ABOUT THIS EXERCISE: If a line in the entries includes "seen", show that line.

(Collected data entries)
┌──
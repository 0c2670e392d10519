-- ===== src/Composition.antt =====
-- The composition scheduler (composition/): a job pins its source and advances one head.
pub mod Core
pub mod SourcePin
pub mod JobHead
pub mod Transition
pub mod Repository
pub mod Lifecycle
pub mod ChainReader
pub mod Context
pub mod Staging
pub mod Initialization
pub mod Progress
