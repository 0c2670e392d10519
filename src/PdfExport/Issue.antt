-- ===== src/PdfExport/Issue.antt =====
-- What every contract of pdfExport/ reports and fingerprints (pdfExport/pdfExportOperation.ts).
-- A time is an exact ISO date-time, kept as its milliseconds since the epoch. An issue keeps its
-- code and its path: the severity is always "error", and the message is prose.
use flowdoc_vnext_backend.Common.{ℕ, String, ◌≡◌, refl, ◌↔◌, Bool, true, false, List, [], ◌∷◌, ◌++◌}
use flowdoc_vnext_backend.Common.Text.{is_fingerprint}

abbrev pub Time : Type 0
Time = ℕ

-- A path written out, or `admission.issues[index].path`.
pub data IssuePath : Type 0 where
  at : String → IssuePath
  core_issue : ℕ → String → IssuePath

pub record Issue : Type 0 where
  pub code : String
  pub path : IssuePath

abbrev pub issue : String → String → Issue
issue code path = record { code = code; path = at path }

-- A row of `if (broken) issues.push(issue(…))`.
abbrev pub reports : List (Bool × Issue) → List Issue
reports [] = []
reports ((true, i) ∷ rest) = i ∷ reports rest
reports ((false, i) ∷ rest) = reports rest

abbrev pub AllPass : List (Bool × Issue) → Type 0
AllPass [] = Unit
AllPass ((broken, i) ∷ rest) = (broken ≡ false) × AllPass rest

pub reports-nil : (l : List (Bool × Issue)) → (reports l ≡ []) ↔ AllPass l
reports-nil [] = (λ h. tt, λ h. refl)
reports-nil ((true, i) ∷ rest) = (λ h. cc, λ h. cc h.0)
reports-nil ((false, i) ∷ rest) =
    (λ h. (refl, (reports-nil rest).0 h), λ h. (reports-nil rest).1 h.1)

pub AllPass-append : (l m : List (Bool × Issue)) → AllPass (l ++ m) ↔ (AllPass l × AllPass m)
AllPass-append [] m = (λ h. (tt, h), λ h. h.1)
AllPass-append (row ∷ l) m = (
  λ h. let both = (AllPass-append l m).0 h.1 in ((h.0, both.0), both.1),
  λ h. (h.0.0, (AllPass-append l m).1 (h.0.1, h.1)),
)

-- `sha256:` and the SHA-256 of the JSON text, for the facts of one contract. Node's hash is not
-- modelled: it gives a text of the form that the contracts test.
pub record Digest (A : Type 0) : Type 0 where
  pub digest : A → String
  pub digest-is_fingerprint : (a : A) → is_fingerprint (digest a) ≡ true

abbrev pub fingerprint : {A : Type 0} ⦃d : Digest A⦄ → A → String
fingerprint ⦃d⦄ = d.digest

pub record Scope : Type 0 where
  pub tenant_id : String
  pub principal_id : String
└──
┌──
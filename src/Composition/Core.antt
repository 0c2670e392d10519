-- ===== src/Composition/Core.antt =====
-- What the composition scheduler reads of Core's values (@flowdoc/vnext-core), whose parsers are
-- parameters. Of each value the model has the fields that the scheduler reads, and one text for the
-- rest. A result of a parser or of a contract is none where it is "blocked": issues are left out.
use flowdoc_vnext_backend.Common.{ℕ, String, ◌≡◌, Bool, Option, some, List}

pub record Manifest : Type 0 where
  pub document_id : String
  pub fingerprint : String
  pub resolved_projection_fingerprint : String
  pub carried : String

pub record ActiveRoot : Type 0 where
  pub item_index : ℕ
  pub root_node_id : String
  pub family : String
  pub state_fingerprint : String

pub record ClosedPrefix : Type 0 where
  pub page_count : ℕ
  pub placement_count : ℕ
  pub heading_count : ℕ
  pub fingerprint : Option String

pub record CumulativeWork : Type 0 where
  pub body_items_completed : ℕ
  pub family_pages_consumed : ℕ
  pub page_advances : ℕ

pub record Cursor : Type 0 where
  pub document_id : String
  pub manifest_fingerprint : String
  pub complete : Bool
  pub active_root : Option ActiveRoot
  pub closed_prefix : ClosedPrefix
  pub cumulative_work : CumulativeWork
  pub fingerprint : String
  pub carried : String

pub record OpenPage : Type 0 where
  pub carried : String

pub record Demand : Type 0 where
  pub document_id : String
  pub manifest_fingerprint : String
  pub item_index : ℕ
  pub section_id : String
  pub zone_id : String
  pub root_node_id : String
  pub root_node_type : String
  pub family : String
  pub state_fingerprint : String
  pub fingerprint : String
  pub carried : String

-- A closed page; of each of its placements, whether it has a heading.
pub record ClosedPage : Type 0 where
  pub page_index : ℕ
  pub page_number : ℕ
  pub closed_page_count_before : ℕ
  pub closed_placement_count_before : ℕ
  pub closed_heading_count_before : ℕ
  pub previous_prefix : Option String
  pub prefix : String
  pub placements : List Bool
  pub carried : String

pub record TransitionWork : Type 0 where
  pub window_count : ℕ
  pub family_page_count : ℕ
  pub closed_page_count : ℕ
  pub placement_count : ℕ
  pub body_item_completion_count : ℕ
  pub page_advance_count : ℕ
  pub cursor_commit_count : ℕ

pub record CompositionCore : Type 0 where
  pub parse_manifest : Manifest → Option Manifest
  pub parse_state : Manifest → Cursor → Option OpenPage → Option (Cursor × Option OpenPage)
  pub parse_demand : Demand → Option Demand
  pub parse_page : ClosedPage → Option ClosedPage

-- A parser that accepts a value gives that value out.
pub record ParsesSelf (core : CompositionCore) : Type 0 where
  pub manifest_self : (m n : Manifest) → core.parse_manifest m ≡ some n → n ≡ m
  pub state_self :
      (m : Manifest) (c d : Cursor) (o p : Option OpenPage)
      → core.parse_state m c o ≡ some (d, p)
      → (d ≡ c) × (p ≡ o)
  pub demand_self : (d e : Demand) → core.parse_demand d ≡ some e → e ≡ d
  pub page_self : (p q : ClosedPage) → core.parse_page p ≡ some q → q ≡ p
└──
┌──
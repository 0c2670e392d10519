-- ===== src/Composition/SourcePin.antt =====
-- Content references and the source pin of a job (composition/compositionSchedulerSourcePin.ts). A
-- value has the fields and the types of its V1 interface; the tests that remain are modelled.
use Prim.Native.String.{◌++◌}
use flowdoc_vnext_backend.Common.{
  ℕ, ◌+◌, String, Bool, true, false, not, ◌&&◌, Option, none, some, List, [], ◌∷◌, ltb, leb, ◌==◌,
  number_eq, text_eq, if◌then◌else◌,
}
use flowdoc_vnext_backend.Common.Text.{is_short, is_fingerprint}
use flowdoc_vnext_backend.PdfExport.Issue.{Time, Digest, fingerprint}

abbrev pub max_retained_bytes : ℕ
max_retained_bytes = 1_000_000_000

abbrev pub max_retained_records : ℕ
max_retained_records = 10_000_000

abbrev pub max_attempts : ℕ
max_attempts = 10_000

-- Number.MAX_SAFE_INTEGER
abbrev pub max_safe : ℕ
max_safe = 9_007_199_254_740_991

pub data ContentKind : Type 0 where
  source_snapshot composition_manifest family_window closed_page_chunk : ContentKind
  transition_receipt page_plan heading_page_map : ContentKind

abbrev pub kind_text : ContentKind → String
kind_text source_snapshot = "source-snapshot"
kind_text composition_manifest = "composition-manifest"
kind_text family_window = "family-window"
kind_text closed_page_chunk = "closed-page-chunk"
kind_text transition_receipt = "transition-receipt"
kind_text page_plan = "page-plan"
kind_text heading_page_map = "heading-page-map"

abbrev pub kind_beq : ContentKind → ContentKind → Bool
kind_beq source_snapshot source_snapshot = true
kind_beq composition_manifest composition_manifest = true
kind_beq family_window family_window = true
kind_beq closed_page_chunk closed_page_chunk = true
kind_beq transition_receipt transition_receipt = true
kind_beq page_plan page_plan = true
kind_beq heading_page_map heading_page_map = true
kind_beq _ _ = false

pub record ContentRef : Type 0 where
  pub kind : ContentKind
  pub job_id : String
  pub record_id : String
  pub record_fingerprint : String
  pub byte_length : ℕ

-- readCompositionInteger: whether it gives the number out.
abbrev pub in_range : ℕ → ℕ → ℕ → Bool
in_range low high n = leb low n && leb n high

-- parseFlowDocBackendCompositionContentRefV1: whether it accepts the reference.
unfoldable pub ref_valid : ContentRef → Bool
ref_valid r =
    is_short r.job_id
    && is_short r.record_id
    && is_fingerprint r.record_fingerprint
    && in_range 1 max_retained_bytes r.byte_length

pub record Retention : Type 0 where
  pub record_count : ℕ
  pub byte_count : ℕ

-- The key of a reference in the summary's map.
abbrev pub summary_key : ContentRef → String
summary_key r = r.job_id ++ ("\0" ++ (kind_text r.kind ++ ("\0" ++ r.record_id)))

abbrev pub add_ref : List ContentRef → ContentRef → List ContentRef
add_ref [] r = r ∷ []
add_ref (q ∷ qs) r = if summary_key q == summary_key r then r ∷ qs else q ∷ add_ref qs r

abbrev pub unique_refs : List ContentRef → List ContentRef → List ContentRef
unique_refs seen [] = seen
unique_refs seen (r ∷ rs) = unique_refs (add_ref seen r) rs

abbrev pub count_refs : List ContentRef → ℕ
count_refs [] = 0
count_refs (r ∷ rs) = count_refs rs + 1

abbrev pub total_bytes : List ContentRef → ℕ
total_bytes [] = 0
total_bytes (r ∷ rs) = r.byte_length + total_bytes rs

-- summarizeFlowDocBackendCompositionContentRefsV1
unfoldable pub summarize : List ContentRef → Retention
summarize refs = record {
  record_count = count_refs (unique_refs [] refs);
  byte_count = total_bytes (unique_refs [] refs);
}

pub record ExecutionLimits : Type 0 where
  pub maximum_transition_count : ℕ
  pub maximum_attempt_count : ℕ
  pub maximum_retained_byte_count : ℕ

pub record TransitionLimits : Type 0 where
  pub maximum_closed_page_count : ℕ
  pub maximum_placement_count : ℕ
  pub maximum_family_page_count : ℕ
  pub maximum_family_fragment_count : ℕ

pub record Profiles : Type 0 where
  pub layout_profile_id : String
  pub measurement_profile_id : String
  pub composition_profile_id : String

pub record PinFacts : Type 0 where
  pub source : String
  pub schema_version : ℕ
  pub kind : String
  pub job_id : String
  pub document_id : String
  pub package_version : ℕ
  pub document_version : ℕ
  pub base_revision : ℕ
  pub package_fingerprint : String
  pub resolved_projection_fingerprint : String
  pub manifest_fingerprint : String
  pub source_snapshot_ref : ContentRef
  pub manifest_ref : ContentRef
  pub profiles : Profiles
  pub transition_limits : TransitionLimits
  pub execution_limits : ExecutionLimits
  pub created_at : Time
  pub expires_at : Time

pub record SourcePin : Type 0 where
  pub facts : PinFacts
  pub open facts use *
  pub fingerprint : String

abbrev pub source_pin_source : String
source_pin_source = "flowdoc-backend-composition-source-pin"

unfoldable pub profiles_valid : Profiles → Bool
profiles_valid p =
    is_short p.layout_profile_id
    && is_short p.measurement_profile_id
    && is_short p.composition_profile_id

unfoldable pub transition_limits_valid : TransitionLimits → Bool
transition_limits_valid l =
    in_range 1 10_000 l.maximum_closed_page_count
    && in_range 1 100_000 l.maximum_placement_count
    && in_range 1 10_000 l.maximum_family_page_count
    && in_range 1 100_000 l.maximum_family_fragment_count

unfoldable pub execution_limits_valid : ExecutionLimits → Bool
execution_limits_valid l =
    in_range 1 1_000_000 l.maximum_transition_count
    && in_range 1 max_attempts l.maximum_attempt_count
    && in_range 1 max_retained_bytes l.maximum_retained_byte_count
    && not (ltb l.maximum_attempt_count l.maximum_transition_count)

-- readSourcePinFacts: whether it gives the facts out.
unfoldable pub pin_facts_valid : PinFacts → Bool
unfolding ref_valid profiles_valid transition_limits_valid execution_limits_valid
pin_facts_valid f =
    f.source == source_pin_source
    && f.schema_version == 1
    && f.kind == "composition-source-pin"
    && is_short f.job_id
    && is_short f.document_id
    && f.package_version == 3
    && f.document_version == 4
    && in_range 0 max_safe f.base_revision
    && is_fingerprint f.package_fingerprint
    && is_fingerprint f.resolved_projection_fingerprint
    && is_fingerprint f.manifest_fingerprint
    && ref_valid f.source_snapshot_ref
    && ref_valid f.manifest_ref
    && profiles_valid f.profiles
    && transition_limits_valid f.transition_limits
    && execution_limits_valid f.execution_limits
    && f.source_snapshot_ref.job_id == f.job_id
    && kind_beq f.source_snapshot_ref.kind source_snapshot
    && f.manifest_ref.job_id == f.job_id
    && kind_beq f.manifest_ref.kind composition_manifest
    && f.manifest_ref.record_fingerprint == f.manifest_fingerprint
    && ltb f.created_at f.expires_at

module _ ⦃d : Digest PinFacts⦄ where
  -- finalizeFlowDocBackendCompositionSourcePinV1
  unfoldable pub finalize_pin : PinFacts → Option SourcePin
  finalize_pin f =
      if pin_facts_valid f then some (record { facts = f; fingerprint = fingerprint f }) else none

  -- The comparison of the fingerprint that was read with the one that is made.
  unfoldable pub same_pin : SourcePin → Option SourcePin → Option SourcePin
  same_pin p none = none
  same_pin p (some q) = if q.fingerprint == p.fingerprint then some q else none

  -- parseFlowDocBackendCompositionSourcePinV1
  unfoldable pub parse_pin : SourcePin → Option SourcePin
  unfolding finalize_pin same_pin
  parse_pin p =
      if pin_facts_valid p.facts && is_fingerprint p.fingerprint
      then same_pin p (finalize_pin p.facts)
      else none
└──
ANSWER SECTION:
unique_refs seen [] = seen
unique_refs seen (r ∷ rs) = unique_refs (add_ref seen r) rs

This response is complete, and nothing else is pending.